2. Евреи под угрозой смертной казни не имеют права менять местожительство без разрешения немецкого отдела по еврейским делам.

Фридерик Кацман был начальником отдела по еврейским делам по всей Западной Украине. Он назначил своих заместителей: в Тарнополе — Лекса и Крюгера в Станиславе. В каждом городе и местечке он имел своих подчиненных, которые организовывали концентрационные лагеря и систематически истребляли евреев.

Во Львове, на Пельчинской улице, помещалось гестапо с майором Энгельсом во главе.

Палачи стремились к тому, чтобы разобщить еврейские массы, разделить их на группы, убить даже самую мысль о возможности организованного сопротивления. Они создавали видимость безопасности для тех, кого хотели использовать, отвлекая тем самым их внимание от истинного положения дел.

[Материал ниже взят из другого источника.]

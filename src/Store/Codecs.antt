-- ===== src/Store/Codecs.antt =====
-- The texts that crates/lmt-store/src/lib.rs stores for states and triggers, and how it reads them:
-- `attempt_state_str`, `run_state_str` and their parsers. A parser that fails gives none.
pub mod RoundTrip
use lzu_mirror_tools.Prelude.{Option, none, some, List, [], ◌∷◌, if◌then◌else◌}
use lzu_mirror_tools.Prelude.Text.{Text, codes, text_eq}
use lzu_mirror_tools.Core.State.{AttemptState, RunState}

-- A `match` of a text against literals.
unfoldable pub match_text {ℓ} : {A : Type ℓ} → Text → List (Text × A) → Option A
match_text value [] = none
match_text value (arm ∷ arms) =
    let rest = match_text value arms in if text_eq value arm.0 then some arm.1 else rest

unfoldable pub attempt_state_str : AttemptState → Text
attempt_state_str AttemptState.queued = codes "queued"
attempt_state_str AttemptState.accepted = codes "accepted"
attempt_state_str AttemptState.running = codes "running"
attempt_state_str AttemptState.succeeded = codes "succeeded"
attempt_state_str AttemptState.failed = codes "failed"
attempt_state_str AttemptState.timed_out = codes "timed_out"
attempt_state_str AttemptState.cancelled = codes "cancelled"
attempt_state_str AttemptState.interrupted = codes "interrupted"
attempt_state_str AttemptState.rejected = codes "rejected"

abbrev pub attempt_state_arms : List (Text × AttemptState)
attempt_state_arms =
    (codes "queued", AttemptState.queued)
    ∷ (codes "accepted", AttemptState.accepted)
    ∷ (codes "running", AttemptState.running)
    ∷ (codes "succeeded", AttemptState.succeeded)
    ∷ (codes "failed", AttemptState.failed)
    ∷ (codes "timed_out", AttemptState.timed_out)
    ∷ (codes "cancelled", AttemptState.cancelled)
    ∷ (codes "interrupted", AttemptState.interrupted)
    ∷ (codes "rejected", AttemptState.rejected)
    ∷ []

unfoldable pub parse_attempt_state : Text → Option AttemptState
unfolding match_text
parse_attempt_state value = match_text value attempt_state_arms

unfoldable pub run_state_str : RunState → Text
run_state_str RunState.pending = codes "pending"
run_state_str RunState.running = codes "running"
run_state_str RunState.succeeded = codes "succeeded"
run_state_str RunState.failed = codes "failed"
run_state_str RunState.cancelled = codes "cancelled"
run_state_str RunState.timed_out = codes "timed_out"

abbrev pub run_state_arms : List (Text × RunState)
run_state_arms =
    (codes "pending", RunState.pending)
    ∷ (codes "running", RunState.running)
    ∷ (codes "succeeded", RunState.succeeded)
    ∷ (codes "failed", RunState.failed)
    ∷ (codes "cancelled", RunState.cancelled)
    ∷ (codes "timed_out", RunState.timed_out)
    ∷ []

unfoldable pub parse_run_state : Text → Option RunState
unfolding match_text
parse_run_state value = match_text value run_state_arms
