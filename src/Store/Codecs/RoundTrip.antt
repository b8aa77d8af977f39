-- ===== src/Store/Codecs/RoundTrip.antt =====
-- The texts of states (crates/lmt-store/src/lib.rs) are read as the states that they were written for.
use lzu_mirror_tools.Prelude.{
  ◌≡◌, ◌↔◌, refl, ap, ◌∙◌, some, List, [], ◌∷◌, inl, inr, Bool-cases, arith,
}
use lzu_mirror_tools.Prelude.Text.{Text, text_eq, text_eq→eq}
use lzu_mirror_tools.Prelude.Tables.{All}
use lzu_mirror_tools.Core.State.{AttemptState, RunState}
use lzu_mirror_tools.Store.Codecs.{
  match_text, attempt_state_str, attempt_state_arms, parse_attempt_state, run_state_str,
  run_state_arms, parse_run_state,
}

-- A match gives what one of its arms has for the text.
match_text-All {ℓ} :
    {A : Type ℓ} (print : A → Text) (value : Text) (arms : List (Text × A)) {a : A}
    → All (λ (arm : Text × A). arm.0 ≡ print arm.1) arms
    → match_text value arms ≡ some a
    → value ≡ print a
unfolding match_text
match_text-All print value [] printed h = cc
match_text-All print value (arm ∷ arms) printed h = elim (Bool-cases (text_eq value arm.0)) [
  | inl t ↦ text_eq→eq value arm.0 t ∙ printed.0 ∙ ap print (ground (arith, t))
  | inr f ↦ match_text-All print value arms printed.1 (ground (arith, f))
]

attempt_state_str-parsed : (s : AttemptState) → parse_attempt_state (attempt_state_str s) ≡ some s
unfolding parse_attempt_state attempt_state_str text_eq
attempt_state_str-parsed AttemptState.queued = refl
attempt_state_str-parsed AttemptState.accepted = refl
attempt_state_str-parsed AttemptState.running = refl
attempt_state_str-parsed AttemptState.succeeded = refl
attempt_state_str-parsed AttemptState.failed = refl
attempt_state_str-parsed AttemptState.timed_out = refl
attempt_state_str-parsed AttemptState.cancelled = refl
attempt_state_str-parsed AttemptState.interrupted = refl
attempt_state_str-parsed AttemptState.rejected = refl

run_state_str-parsed : (s : RunState) → parse_run_state (run_state_str s) ≡ some s
unfolding parse_run_state run_state_str text_eq
run_state_str-parsed RunState.pending = refl
run_state_str-parsed RunState.running = refl
run_state_str-parsed RunState.succeeded = refl
run_state_str-parsed RunState.failed = refl
run_state_str-parsed RunState.cancelled = refl
run_state_str-parsed RunState.timed_out = refl

-- A text is read as the state of an attempt exactly if it is what is written for that state.
pub parse_attempt_state_iff :
    (value : Text) (s : AttemptState)
    → (parse_attempt_state value ≡ some s) ↔ (value ≡ attempt_state_str s)
unfolding parse_attempt_state attempt_state_str
parse_attempt_state_iff value s = (
  match_text-All attempt_state_str value attempt_state_arms
      (refl, (refl, (refl, (refl, (refl, (refl, (refl, (refl, (refl, tt))))))))),
  λ e. ap parse_attempt_state e ∙ attempt_state_str-parsed s,
)

-- A text is read as the state of a run exactly if it is what is written for that state.
pub parse_run_state_iff :
    (value : Text) (s : RunState) → (parse_run_state value ≡ some s) ↔ (value ≡ run_state_str s)
unfolding parse_run_state run_state_str
parse_run_state_iff value s = (
  match_text-All run_state_str value run_state_arms
      (refl, (refl, (refl, (refl, (refl, (refl, tt)))))),
  λ e. ap parse_run_state e ∙ run_state_str-parsed s,
)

Среди евреев было много слесарей, механиков, искусных мастеров, которые были необходимы для нужд немецкой промышленности. Немцы пользовались их трудом на военных предприятиях и заводах. Среди евреев было, наконец, много здоровых и рослых людей, которых немцы заставляли работать в концлагерях на черных работах.

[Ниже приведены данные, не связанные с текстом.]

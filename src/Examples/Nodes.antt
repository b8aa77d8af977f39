-- ===== src/Examples/Nodes.antt =====
-- The binding of a node to its Agent, and the texts of states.
use lzu_mirror_tools.Prelude.Tables.{
  update_where, exists_where, where_rows, find_where, min_by, select_first, join,
}
use lzu_mirror_tools.Store.Queries.{
  map_run, has_id, find_run, find_run_by_request, attempts_with_runs, current_generations,
  generation_config, insert_run, insert_attempt, update_run, update_schedule, clear_intent,
  rearm_schedule, node_has_capacity, time_lt, time_then,
}
use lzu_mirror_tools.Prelude.{◌≡◌, ◌≢◌, ◌↔◌, refl, none, some, err, true, false, arith}
use lzu_mirror_tools.Prelude.Int.{pos}
use lzu_mirror_tools.Prelude.Text.{Text, codes, text_eq, text_lt}
use lzu_mirror_tools.Core.State.{
  AttemptState, RunState, run_is_terminal, is_terminal, attempt_state_eq, allows,
  project_attempt_event, validate_attempt_transition,
}
use lzu_mirror_tools.Store.Rows.{
  agent_binding_conflict, binding_replacement_unsafe, is_active, is_pending, is_running, is_queued,
  is_manual, is_scheduled, failure_kind_str, is_request, is_attempt, occupies, has_request,
  violates_keys,
}
use lzu_mirror_tools.Store.Codecs.{
  attempt_state_str, parse_attempt_state, run_state_str, parse_run_state,
}
use lzu_mirror_tools.Store.Codecs.RoundTrip.{parse_attempt_state_iff, parse_run_state_iff}
use lzu_mirror_tools.Store.Nodes.{
  NodeObservation, is_node, find_node, update_node, conflicts, observed, conflict, observe_node,
  may_execute, rebound, replace_agent_binding,
}
use lzu_mirror_tools.Store.Nodes.Binding.{
  observe_node-binds, replace_agent_binding-binds, replace_agent_binding-unsafe, Executing,
}
use lzu_mirror_tools.Examples.{busy, n1, after}

abbrev observation : Text → NodeObservation
observation agent = record {
  node = codes "n1";
  agent_version = codes "1";
  agent_instance_id = agent;
  agent_boot_id = codes "b2";
  active_runs = 1;
  max_concurrent_runs = 2;
  mirror_root_free_bytes = none;
  observed_at_ms = pos 2000;
}

another : codes "a2" ≢ codes "a1"
another e = ground arith

observe_node-binds_example :
    let db' = after (observe_node (observation (codes "a1")) busy) in
    (observe_node (observation (codes "a2")) db'
      ≡ err (agent_binding_conflict (codes "a1") (codes "a2")))
    × (db'.runs ≡ busy.runs)
    × (db'.attempts ≡ busy.attempts)
unfolding is_node find_node update_node conflicts observed conflict observe_node may_execute rebound
    replace_agent_binding update_where exists_where where_rows find_where min_by select_first join
    text_eq text_lt
observe_node-binds_example =
    observe_node-binds (observation (codes "a1")) (observation (codes "a2")) busy
      (after (observe_node (observation (codes "a1")) busy)) refl refl another

replace_agent_binding-binds_example :
    let db' = after (replace_agent_binding (codes "n1") (codes "a1") true busy) in
    (observe_node (observation (codes "a2")) db'
      ≡ err (agent_binding_conflict (codes "a1") (codes "a2")))
    × (db'.runs ≡ busy.runs)
    × (db'.attempts ≡ busy.attempts)
unfolding is_node find_node update_node conflicts observed conflict observe_node may_execute rebound
    replace_agent_binding map_run has_id find_run find_run_by_request attempts_with_runs
    current_generations generation_config insert_run insert_attempt update_run update_schedule
    clear_intent rearm_schedule node_has_capacity time_lt time_then is_active is_pending is_running
    is_queued is_manual is_scheduled failure_kind_str is_request is_attempt occupies has_request
    violates_keys run_is_terminal is_terminal attempt_state_eq allows project_attempt_event
    validate_attempt_transition update_where exists_where where_rows find_where min_by select_first
    join text_eq text_lt
replace_agent_binding-binds_example =
    replace_agent_binding-binds (codes "n1") (codes "a1") true (observation (codes "a2")) busy
      (after (replace_agent_binding (codes "n1") (codes "a1") true busy)) refl refl another

replace_agent_binding-unsafe_example :
    (replace_agent_binding (codes "n1") (codes "a2") false busy ≡ err binding_replacement_unsafe)
    ↔ Executing (codes "n1") busy
unfolding is_node find_node update_node conflicts observed conflict observe_node may_execute rebound
    replace_agent_binding map_run has_id find_run find_run_by_request attempts_with_runs
    current_generations generation_config insert_run insert_attempt update_run update_schedule
    clear_intent rearm_schedule node_has_capacity time_lt time_then is_active is_pending is_running
    is_queued is_manual is_scheduled failure_kind_str is_request is_attempt occupies has_request
    violates_keys run_is_terminal is_terminal attempt_state_eq allows project_attempt_event
    validate_attempt_transition update_where exists_where where_rows find_where min_by select_first
    join text_eq text_lt
replace_agent_binding-unsafe_example =
    replace_agent_binding-unsafe (codes "n1") (codes "a2") busy {n = n1} refl

parse_attempt_state_iff_example :
    (parse_attempt_state (codes "timed_out") ≡ some AttemptState.timed_out)
    ↔ (codes "timed_out" ≡ attempt_state_str AttemptState.timed_out)
parse_attempt_state_iff_example = parse_attempt_state_iff (codes "timed_out") AttemptState.timed_out

parse_run_state_iff_example :
    (parse_run_state (codes "pending") ≡ some RunState.pending)
    ↔ (codes "pending" ≡ run_state_str RunState.pending)
parse_run_state_iff_example = parse_run_state_iff (codes "pending") RunState.pending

В первую очередь они убивали стариков, детей, женщин и людей больных, непригодных к труду. Их уничтожали во время погромов, бросали в тюрьмы, вывозили в ”леса смерти”.

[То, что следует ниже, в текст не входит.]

-- ===== src/Lib.antt =====
-- A verification of the operator for MySQL with group replication on Kubernetes. The program has two
-- executables. The manager (cmd/main.go) runs the reconcile loop of internal/controller: for each
-- custom resource it writes two secrets, a config map, a headless service and a StatefulSet, and then,
-- once all pods are ready, connects to the servers and bootstraps, joins or restarts the replication
-- group. The init container (cmd/init/main.go) runs in each pod before MySQL and writes two option
-- files that give the server its identity and the group's seeds.
--
-- The modules, and the code that they model:
-- - Prelude: Go's strings as byte lists, errors and actions with a state, maps as association lists,
--   sorted keys, decimal numbers on 64 bits (`strconv.Atoi`, the verb `%d`).
-- - Api: api/v1alpha1/mysql_types.go; Api/Webhook: `Default` of api/v1alpha1/mysql_webhook.go;
--   Api/DeepCopy: api/v1alpha1/zz_generated.deepcopy.go, over a memory in which maps, slices and pointers
--   are addresses.
-- - Util: internal/controller/util, its constants and `ClusterSecretName`; Util/Hash:
--   `HashConfigMapData`.
-- - ConfigMap: internal/controller/k8s/configmap/config_map.go, `RenderMySQLConfig` and its tables.
-- - GrClient: internal/controller/mysql/groupreplication/gr_client.go. Its state is a session: the world
--   behind `database/sql` and the calls made. Candidate has `PickRestartCandidate`, Connect has
--   `waitForMySQL` and `New`, Query the SQL texts, Sql the interface of `database/sql`.
-- - Controller: internal/controller. Env has the interfaces that a reconciliation uses and its state: the
--   world behind them, the object `mysql` that Go's functions share by pointer, and the calls made. Pods,
--   Collect, ReconcilePods and GroupReplication model group_replication.go: `podReady`, `parseOrdinal`,
--   `buildDSN`; `collectGroupInfo`; `reconcilePods`; `reconcileGroupReplication` with its secrets and its
--   deferred close. Secrets models secrets.go. Names, Stages, StatefulSet/Template and Reconcile model
--   mysql_controller.go: `buildResourceNames`; the stages with the functions given to `CreateOrUpdate`;
--   the StatefulSet; `Reconcile`, `failStatus` and `handleReconcileError`.
--   Controller/Recovery states what the passes do for a group that is down, over laws of the servers.
-- - Manager: cmd/main.go with `SetupWithManager` and `SetupWebhookWithManager`. CommandLine has the flags
--   and their parsing, Tls the TLS options as Go slices over arrays, Order the phases of the start.
-- - Init: cmd/init/main.go, from `getEnv` to `writeFile` and `main`.
-- - Examples: concrete surroundings, and a run of each theorem.
--
-- Conventions. A Go `int` is an integer within the bounds that `Atoi` tests, an error a value that keeps
-- what the program asks of it, and a returned pair of value and error a result. A list of calls has the
-- newest first. A loop over a slice is structural recursion. `waitForMySQL` loops until its context ends: it
-- runs on fuel, and more fuel than the context has ticks left is enough. The digits of `n` are printed on
-- fuel `n + 1`, which is enough since each round divides by ten; reading a printed number back gives the
-- number. `sort.Slice` is an insertion sort, which Go runs up to twelve elements; of a longer slice only the
-- ordinal of the first element counts.
--
-- What is not under the repository is a parameter: `database/sql` with the driver (`SqlOps`), the Kubernetes
-- client (`KubeOps`), `CreateOrUpdate`, `SetControllerReference`, `MustParse` (whose panic is an error),
-- `IntOrString.String` and SHA-256 (`Cluster`), the crypto packages (`CryptoOps`), the system below the init
-- container (`HostOps`), `uuid.NewString`. What is relied on of them is a hypothesis with a name: `IsRetry`
-- (`RetryOnConflict` runs its function again only after a conflict), `Subtracts` (the server computes
-- GTID differences), `EndsContext` (a context ends after some ticks), `ListsDistinct` (listed pods have
-- different names), `Readable` (the object can be read), `RunsAs` (the kubelet's environment),
-- `Server` (`CreateOrUpdate` without an error has stored what its function made; a write of an object changes
-- no other; defaults that the API server fills in keep annotations and references).
--
-- Of the manager's libraries, `certwatcher.New`, the flags of the logger and the manager of
-- controller-runtime are parameters (`ManagerOps`, `OtherFlags`); `append` is modelled with the capacities that
-- Go gives a slice of pointers. For a restart the servers are described by `Answers` (they answer, and a server
-- joins a group that is up) and `Refuses` (a join fails while the group is down), the API server and what the
-- servers tell by `Apart` and `Supplies`; Examples/Servers has servers behind the program's own client that keep
-- these laws. `Accounts` and `KubeIsQuiet` say which calls open and close handles of `database/sql`. The
-- metadata of the library is copied by parameters, which keep the law `Copies`; a `Reading` says what a value in
-- memory reads as, and from which addresses.
--
-- Not modelled: logging; the registration of the types, which only calls libraries; tests. The registration
-- of signal handlers is part of the parameter that starts the manager.

pub mod Prelude
pub mod Api
pub mod Util
pub mod ConfigMap
pub mod GrClient
pub mod Controller
pub mod Manager
pub mod Init
pub mod Examples
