-- ===== src/Prelude/Assoc.antt =====
-- Go's `map[string]V` as a list of its entries. The program reads a key, writes a key, tests for a
-- key and ranges over the keys; Go leaves the order of a range open, and here it is the list's.
pub mod Laws
use mathlib.Core.Path.{◌≡◌}
use mathlib.Core.Bool.{Bool, true, false, ◌||◌}
use mathlib.Core.List.{List, [], ◌∷◌, map}
use mathlib.Core.Option.{Option, none, some}
use yet_another_mysql_operat.Prelude.Tests.{if◌then◌else◌}
use yet_another_mysql_operat.Prelude.Text.{Text, text_eq}

abbrev pub Map {ℓ} : Type ℓ → Type ℓ
Map V = List (Text × V)

-- Is the text in the list?
unfoldable pub elem : Text → List Text → Bool
elem k [] = false
elem k (x ∷ xs) = text_eq x k || elem k xs

abbrev pub is_some {ℓ} : {V : Type ℓ} → Option V → Bool
is_some none = false
is_some (some v) = true

module _ {ℓ} {V : Type ℓ} where
  -- `m[k]`, with the test for the key
  unfoldable pub get : Text → Map V → Option V
  get k [] = none
  get k ((j, v) ∷ m) = if text_eq j k then some v else get k m

  -- `m[k] = v`
  unfoldable pub put : Text → V → Map V → Map V
  put k v [] = (k, v) ∷ []
  put k v ((j, w) ∷ m) = if text_eq j k then (j, v) ∷ m else (j, w) ∷ put k v m

  -- `for k := range m`
  unfoldable pub keys : Map V → List Text
  keys [] = []
  keys ((j, v) ∷ m) = j ∷ keys m

  -- No key stands twice, as in every Go map.
  abbrev pub Distinct : Map V → Type 0
  Distinct [] = Unit
  Distinct ((j, v) ∷ m) = (elem j (keys m) ≡ false) × Distinct m
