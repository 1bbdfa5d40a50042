-- ===== src/Prelude/Decimal.antt =====
-- `fmt.Sprintf("%d", n)` and `strconv.Atoi`, on Go's 64-bit `int`.
pub mod RoundTrip
use Prim.Native.Nat.{ℕ, zero, suc, ◌+◌, ◌-◌, ◌*◌, ◌/◌, ◌%◌, ◌^◌}
use mathlib.Core.Path.{◌≡◌, refl}
use mathlib.Core.Bool.{Bool, true, false, ◌&&◌, ◌||◌}
use mathlib.Core.List.{[], ◌∷◌, ◌++◌}
use mathlib.Core.Option.{Option, none, some}
use yet_another_mysql_operat.Prelude.Tests.{◌==◌, if◌then◌else◌, ltb, leb}
use yet_another_mysql_operat.Prelude.Text.{Text, codes}

-- `negsuc n` is -(n + 1).
pub data ℤ : Type 0 where
  pos : ℕ → ℤ
  negsuc : ℕ → ℤ

-- `a == b` and `a < b` on integers.
abbrev pub int_eq : ℤ → ℤ → Bool
int_eq (pos m) (pos n) = m == n
int_eq (negsuc m) (negsuc n) = m == n
int_eq (pos m) (negsuc n) = false
int_eq (negsuc m) (pos n) = false

abbrev pub int_lt : ℤ → ℤ → Bool
int_lt (pos m) (pos n) = ltb m n
int_lt (negsuc m) (negsuc n) = ltb n m
int_lt (pos m) (negsuc n) = false
int_lt (negsuc m) (pos n) = true

-- The digits of `n` in front of `out`; `n` rounds are more than enough.
unfoldable pub digits : ℕ → ℕ → Text → Text
digits zero n out = out
digits (suc fuel) n out =
    let rest = digits fuel (n / 10) ((b'0' + n % 10) ∷ out) in
    if ltb n 10 then (b'0' + n) ∷ out else rest

unfoldable pub show_nat : ℕ → Text
unfolding digits
show_nat n = digits (suc n) n []

-- `%d`
unfoldable pub show_int : ℤ → Text
unfolding show_nat
show_int (pos n) = show_nat n
show_int (negsuc n) = b'-' ∷ show_nat (suc n)

-- What `strconv.NumError` tells apart.
pub data NumError : Type 0 where
  syntax range : NumError

abbrev pub max_uint64 : ℕ
max_uint64 = 2 ^ 64 - 1

-- The loop of `strconv.ParseUint` in base ten: a value, and an error where there is one.
unfoldable pub scan : Text → ℕ → ℕ × Option NumError
scan [] n = (n, none)
scan (c ∷ s) n =
    let d = c - b'0' in
    let rest = scan s (n * 10 + d) in
    if ltb c b'0' || ltb b'9' c
    then (0, some syntax)
    else if ltb max_uint64 (n * 10 + d)
    then (max_uint64, some range)
    else rest

unfoldable pub parse_uint : Text → ℕ × Option NumError
unfolding scan
parse_uint [] = (0, some syntax)
parse_uint (c ∷ s) = scan (c ∷ s) 0

-- The end of `strconv.ParseInt`: the sign is put on and the 63-bit range is tested.
unfoldable pub signed : Bool → ℕ × Option NumError → ℤ × Option NumError
signed neg (n, some syntax) = (pos 0, some syntax)
signed false (n, e) = if leb (2 ^ 63) n then (pos (2 ^ 63 - 1), some range) else (pos n, e)
signed true (n, e) =
    if ltb (2 ^ 63) n
    then (negsuc (2 ^ 63 - 1), some range)
    else if n == 0
    then (pos 0, e)
    else (negsuc (n - 1), e)

-- `strconv.Atoi`: the value that it returns, also beside an error.
unfoldable pub atoi : Text → ℤ × Option NumError
unfolding parse_uint signed
atoi [] = (pos 0, some syntax)
atoi (c ∷ s) =
    if c == b'+'
    then signed false (parse_uint s)
    else if c == b'-'
    then signed true (parse_uint s)
    else signed false (parse_uint (c ∷ s))

atoi_runs :
    (atoi (codes "-12") ≡ (negsuc 11, none))
    × (atoi (codes "007") ≡ (pos 7, none))
    × (atoi (codes "x") ≡ (pos 0, some syntax))
    × (atoi (codes "9223372036854775808") ≡ (pos 9223372036854775807, some range))
    × (atoi (codes "99999999999999999999x") ≡ (pos 9223372036854775807, some range))
unfolding atoi codes
atoi_runs = (refl, refl, refl, refl, refl)

show_runs : (show_int (pos 3306) ≡ codes "3306") × (show_int (negsuc 0) ≡ codes "-1")
unfolding show_int codes
show_runs = (refl, refl)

Еврейский рабочий был очень выгодным: в преобладающих случаях он не только не получал платы за свой труд, но еще доплачивал, чтобы получить ”Арбейтскарте”*, и тем хоть ненадолго отдалить смерть или избавиться от лагеря, где его тоже поджидала смерть.

Если во время облавы еврей не мог показать эсэсовцам удостоверение о работе, то его убивали.

С декабря 1941 года каждый работающий еврей должен был носить повязку с вышитой на ней буквой ”А” (Арбейтсюде) и номером удостоверения с работы. Кто не имел повязки, выданной Арбейтсамтом, того тоже убивали во время ликвидационных облав.

Неработающие подделывали удостоверения о работе и вышивали повязки наподобие тех, которые выдавались Арбейтсамтом.

Находились, однако, шпионы, которые доносили об этом чиновникам Арбейтсамта. Тогда были аннулированы прежние удостоверения и вместо них выданы ”Мельдекарте”. Таким путем немцы добились точного контроля над всеми ”Арбейтсюден” и ”Нихтсарбейтсюден”.

Еврей-рабочий не получал платы за труд. Сто граммов хлеба в день, какие полагались ему, он тоже не получал, так как начальник продавал их по дорогой цене.

* * *

С ноября 1942 года евреи, работавшие в немецких фирмах, должны были носить, кроме повязки, еще белую заплату с вышитой на ней буквой ”W” (Вермахт) или ”R” (Ристунг), которая означала, что данный еврей работает непосредственно для военной промышленности.

Территорию гетто немцы отгородили высоким забором.

Двенадцатого ноября у ворот появилось множество вооруженных гестаповцев. Они задерживали каждого выходящего на работу. У кого не было заплаты с буквой ”R” или ”W” — тот шел на казнь. В результате двухдневного контроля у ворот в ноябре погибло 12000 человек.